_ACTIVITY_:
Beneath this line is the data. Output exactly the lines from the line with "id = map_option rename meta.id;" to the line with "View.tree_and (render_plan_tree child)", both ends included, and nothing more.

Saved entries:
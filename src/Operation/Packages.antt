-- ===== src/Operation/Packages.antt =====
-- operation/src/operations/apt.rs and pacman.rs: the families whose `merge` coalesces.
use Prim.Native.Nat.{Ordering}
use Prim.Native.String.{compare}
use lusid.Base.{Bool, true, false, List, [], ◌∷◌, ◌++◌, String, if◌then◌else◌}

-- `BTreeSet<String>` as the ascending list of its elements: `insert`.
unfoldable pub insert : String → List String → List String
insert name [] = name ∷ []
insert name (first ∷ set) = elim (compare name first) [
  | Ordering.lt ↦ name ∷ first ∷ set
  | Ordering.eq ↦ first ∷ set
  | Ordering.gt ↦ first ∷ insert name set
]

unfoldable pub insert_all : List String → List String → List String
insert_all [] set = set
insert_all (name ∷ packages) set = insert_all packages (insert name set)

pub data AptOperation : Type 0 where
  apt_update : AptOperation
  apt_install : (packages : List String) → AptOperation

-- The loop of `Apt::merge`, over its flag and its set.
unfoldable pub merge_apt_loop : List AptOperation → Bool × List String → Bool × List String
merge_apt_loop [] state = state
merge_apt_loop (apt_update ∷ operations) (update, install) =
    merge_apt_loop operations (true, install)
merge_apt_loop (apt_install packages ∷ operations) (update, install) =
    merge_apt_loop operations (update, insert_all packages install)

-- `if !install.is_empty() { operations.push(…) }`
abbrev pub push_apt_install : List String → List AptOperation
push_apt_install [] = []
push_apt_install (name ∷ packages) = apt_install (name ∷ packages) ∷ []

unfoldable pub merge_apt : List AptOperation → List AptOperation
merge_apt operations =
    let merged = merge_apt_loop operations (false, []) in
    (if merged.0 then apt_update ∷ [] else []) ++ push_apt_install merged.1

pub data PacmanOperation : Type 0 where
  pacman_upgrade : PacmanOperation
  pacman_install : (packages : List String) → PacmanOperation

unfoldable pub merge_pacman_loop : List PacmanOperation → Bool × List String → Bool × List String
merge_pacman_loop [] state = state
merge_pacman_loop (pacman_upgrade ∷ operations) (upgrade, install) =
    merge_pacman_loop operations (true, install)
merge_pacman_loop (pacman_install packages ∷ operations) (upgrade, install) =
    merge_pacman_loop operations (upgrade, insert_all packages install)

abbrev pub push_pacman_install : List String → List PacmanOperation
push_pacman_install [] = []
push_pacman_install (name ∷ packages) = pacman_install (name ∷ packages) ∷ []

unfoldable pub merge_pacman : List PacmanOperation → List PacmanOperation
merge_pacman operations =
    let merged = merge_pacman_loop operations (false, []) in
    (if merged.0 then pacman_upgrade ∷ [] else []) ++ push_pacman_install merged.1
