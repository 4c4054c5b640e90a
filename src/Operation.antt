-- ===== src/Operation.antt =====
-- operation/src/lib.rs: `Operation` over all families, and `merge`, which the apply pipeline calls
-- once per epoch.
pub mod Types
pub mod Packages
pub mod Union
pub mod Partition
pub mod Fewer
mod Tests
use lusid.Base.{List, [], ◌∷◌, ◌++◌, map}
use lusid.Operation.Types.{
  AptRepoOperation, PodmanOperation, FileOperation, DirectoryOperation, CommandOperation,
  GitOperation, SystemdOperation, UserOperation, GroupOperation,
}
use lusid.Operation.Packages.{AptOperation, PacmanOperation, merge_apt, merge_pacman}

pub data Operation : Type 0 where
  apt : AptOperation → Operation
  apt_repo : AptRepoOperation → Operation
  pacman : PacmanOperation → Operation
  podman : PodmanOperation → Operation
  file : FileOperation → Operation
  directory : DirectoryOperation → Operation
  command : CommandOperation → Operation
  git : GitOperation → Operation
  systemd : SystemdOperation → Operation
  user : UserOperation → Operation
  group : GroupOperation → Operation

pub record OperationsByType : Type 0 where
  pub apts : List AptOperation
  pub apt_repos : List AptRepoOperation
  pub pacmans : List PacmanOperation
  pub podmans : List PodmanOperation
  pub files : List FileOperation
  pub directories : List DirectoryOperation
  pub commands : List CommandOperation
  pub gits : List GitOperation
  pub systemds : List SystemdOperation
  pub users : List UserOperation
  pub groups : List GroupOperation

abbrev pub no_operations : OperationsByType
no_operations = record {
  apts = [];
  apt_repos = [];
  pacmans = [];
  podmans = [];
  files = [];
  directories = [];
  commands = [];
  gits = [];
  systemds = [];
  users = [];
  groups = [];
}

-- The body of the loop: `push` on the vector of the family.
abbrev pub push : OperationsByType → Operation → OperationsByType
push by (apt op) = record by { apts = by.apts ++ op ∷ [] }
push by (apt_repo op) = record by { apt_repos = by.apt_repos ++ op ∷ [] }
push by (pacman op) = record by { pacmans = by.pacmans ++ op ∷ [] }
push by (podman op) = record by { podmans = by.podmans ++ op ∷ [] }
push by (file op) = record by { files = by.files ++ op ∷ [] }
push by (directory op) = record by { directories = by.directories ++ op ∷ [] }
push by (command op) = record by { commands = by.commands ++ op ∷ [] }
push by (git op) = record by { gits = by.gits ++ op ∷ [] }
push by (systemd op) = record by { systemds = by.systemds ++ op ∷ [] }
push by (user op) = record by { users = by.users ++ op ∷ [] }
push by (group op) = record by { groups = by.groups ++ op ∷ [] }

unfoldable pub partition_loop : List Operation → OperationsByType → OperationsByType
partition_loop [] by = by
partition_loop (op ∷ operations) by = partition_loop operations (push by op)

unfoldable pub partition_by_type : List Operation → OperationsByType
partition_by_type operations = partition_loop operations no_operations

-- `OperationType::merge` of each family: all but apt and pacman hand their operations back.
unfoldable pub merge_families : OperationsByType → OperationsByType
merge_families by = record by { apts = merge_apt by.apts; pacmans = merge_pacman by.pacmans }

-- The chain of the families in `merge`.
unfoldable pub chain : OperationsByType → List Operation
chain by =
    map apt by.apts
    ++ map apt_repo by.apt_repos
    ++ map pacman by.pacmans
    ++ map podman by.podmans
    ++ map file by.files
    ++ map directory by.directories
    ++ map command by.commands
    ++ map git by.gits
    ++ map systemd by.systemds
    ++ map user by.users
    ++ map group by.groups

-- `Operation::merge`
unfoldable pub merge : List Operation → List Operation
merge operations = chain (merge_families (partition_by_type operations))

---

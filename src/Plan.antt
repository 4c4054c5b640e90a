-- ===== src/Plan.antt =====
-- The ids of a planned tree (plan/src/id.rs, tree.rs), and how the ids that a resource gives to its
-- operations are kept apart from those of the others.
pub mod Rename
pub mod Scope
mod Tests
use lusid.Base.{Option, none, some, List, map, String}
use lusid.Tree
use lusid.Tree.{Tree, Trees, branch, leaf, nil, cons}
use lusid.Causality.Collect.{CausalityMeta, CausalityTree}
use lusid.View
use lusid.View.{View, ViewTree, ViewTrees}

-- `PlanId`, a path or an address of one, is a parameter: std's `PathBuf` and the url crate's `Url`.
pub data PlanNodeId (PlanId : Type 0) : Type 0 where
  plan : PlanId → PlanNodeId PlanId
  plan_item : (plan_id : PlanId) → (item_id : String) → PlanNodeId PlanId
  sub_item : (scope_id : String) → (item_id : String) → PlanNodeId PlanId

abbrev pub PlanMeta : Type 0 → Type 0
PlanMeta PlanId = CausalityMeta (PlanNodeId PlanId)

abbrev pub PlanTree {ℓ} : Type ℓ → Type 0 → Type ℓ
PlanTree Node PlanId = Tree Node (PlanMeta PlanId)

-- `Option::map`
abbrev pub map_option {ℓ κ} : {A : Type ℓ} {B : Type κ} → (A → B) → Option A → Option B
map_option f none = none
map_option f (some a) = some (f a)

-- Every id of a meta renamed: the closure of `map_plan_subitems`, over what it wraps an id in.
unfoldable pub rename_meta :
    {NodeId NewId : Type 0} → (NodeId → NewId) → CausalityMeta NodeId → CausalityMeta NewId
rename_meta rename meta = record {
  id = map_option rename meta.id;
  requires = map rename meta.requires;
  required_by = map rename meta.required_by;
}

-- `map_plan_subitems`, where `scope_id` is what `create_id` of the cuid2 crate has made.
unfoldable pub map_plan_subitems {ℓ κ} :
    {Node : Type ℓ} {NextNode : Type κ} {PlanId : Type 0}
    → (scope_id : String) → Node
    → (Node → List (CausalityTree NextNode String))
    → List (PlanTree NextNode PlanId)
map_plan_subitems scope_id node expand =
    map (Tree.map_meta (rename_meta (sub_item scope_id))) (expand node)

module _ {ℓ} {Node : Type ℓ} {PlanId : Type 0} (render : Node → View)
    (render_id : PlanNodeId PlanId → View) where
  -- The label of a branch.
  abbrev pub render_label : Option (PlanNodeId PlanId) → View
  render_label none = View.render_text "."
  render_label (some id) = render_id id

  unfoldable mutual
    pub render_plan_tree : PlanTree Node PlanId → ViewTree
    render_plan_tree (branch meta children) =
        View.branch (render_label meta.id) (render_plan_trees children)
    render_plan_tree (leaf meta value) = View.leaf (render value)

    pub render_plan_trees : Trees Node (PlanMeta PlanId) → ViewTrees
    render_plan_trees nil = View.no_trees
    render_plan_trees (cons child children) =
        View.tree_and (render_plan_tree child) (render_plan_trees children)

--

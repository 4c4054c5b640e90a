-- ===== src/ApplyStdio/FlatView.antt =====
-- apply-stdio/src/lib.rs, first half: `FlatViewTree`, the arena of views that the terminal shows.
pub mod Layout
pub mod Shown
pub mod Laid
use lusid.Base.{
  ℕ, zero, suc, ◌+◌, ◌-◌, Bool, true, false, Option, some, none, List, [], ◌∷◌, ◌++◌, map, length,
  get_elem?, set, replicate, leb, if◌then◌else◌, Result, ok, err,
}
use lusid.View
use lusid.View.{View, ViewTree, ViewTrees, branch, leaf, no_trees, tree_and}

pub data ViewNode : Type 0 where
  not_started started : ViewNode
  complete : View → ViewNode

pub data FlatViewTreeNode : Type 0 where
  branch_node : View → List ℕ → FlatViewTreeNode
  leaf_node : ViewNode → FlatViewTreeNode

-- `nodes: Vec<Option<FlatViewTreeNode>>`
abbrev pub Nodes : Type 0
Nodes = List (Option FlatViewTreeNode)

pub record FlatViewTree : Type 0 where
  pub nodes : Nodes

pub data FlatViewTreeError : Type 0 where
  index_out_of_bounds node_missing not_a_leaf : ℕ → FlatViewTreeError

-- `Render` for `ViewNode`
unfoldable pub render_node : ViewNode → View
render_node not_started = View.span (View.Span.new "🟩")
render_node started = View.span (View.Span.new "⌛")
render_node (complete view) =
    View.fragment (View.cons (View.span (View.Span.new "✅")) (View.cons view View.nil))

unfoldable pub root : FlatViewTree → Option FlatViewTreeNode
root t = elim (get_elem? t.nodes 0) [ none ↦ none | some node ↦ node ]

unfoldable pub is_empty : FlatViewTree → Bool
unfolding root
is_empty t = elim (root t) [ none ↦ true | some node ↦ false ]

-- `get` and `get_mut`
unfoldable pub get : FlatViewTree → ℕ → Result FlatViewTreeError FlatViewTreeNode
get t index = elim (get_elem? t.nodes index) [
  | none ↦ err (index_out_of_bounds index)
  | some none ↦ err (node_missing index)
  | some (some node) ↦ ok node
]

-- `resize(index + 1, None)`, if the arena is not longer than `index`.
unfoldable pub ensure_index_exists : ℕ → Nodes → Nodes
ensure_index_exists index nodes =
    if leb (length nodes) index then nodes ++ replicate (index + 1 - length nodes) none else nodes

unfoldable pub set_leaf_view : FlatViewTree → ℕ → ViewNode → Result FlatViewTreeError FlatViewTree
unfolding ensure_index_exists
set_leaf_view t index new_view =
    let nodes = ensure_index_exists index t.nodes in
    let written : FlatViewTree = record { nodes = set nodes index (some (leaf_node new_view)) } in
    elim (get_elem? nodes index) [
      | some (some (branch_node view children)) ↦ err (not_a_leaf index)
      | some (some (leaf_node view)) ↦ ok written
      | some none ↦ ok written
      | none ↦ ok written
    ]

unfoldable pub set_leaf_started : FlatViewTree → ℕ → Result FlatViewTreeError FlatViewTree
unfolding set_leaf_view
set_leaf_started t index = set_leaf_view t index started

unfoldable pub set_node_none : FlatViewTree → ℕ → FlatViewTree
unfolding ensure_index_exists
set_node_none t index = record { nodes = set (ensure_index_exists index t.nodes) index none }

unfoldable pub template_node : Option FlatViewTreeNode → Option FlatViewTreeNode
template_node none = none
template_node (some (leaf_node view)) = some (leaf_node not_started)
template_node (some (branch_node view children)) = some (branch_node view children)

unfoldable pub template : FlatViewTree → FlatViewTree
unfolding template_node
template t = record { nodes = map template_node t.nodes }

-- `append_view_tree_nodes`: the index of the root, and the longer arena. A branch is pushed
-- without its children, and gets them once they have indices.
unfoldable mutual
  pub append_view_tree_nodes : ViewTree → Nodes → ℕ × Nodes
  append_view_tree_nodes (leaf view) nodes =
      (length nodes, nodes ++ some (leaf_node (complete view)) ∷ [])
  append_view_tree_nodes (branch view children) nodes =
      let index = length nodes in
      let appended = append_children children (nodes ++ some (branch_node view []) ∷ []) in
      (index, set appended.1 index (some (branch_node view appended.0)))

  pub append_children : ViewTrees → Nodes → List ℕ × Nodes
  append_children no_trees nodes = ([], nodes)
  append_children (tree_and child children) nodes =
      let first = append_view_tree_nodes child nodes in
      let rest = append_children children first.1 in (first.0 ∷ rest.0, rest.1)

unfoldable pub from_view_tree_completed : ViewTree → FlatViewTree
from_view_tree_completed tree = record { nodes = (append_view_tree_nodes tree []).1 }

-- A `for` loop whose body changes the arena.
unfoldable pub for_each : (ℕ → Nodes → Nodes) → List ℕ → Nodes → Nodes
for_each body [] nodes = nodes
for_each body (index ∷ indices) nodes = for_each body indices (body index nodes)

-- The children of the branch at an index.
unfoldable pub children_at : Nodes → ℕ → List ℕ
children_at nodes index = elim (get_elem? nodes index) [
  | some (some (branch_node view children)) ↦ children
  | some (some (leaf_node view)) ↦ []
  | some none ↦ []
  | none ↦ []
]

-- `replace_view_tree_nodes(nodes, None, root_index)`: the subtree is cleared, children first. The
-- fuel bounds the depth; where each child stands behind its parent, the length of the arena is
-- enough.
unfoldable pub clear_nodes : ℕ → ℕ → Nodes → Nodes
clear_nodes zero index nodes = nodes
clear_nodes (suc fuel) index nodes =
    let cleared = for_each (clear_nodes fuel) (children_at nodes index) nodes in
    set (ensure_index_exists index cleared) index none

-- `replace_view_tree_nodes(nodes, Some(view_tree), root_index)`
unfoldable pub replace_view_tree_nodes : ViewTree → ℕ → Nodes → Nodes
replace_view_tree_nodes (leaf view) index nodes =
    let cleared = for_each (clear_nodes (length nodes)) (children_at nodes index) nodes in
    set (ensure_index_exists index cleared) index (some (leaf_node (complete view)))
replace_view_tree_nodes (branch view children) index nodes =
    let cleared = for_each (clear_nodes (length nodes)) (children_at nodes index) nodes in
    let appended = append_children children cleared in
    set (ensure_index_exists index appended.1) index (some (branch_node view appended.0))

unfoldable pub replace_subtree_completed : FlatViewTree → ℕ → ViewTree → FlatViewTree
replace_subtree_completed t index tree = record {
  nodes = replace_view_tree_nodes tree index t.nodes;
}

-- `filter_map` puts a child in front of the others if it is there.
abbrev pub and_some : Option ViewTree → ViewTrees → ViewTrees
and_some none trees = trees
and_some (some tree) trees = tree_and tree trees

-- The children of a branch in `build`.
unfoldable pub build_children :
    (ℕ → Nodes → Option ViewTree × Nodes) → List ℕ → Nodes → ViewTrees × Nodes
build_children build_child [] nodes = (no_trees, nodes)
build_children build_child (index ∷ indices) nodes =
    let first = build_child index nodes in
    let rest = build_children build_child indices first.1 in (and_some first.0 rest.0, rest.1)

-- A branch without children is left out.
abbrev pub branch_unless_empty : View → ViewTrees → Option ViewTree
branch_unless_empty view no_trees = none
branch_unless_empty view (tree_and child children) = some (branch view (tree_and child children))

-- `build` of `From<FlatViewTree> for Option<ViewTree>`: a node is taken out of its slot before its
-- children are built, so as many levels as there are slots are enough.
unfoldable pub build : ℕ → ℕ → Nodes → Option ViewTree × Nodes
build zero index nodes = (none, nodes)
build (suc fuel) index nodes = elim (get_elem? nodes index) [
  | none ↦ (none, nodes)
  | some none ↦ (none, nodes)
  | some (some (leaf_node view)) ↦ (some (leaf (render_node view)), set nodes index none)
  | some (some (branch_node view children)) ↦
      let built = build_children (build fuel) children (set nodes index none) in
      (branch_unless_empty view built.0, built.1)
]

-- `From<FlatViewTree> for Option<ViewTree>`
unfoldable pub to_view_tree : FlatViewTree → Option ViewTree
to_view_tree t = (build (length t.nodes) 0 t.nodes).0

_ANSWER FOR THE TASK_:
  id = map_option rename meta.id;
  requires = map rename meta.requires;
  required_by = map rename meta.required_by;
}

-- `map_plan_subitems`, where `scope_id` is what `create_id` of the cuid2 crate has made.
unfoldable pub map_plan_subitems {ℓ κ} :
    {Node : Type ℓ} {NextNode : Type κ} {PlanId : Type 0}
    → (scope_id : String) → Node
    → (Node → List (CausalityTree NextNode String))
    → List (PlanTree NextNode PlanId)
map_plan_subitems scope_id node expand =
    map (Tree.map_meta (rename_meta (sub_item scope_id))) (expand node)

module _ {ℓ} {Node : Type ℓ} {PlanId : Type 0} (render : Node → View)
    (render_id : PlanNodeId PlanId → View) where
  -- The label of a branch.
  abbrev pub render_label : Option (PlanNodeId PlanId) → View
  render_label none = View.render_text "."
  render_label (some id) = render_id id

  unfoldable mutual
    pub render_plan_tree : PlanTree Node PlanId → ViewTree
    render_plan_tree (branch meta children) =
        View.branch (render_label meta.id) (render_plan_trees children)
    render_plan_tree (leaf meta value) = View.leaf (render value)

    pub render_plan_trees : Trees Node (PlanMeta PlanId) → ViewTrees
    render_plan_trees nil = View.no_trees
    render_plan_trees (cons child children) =
        View.tree_and (render_plan_tree child) (render_plan_trees children)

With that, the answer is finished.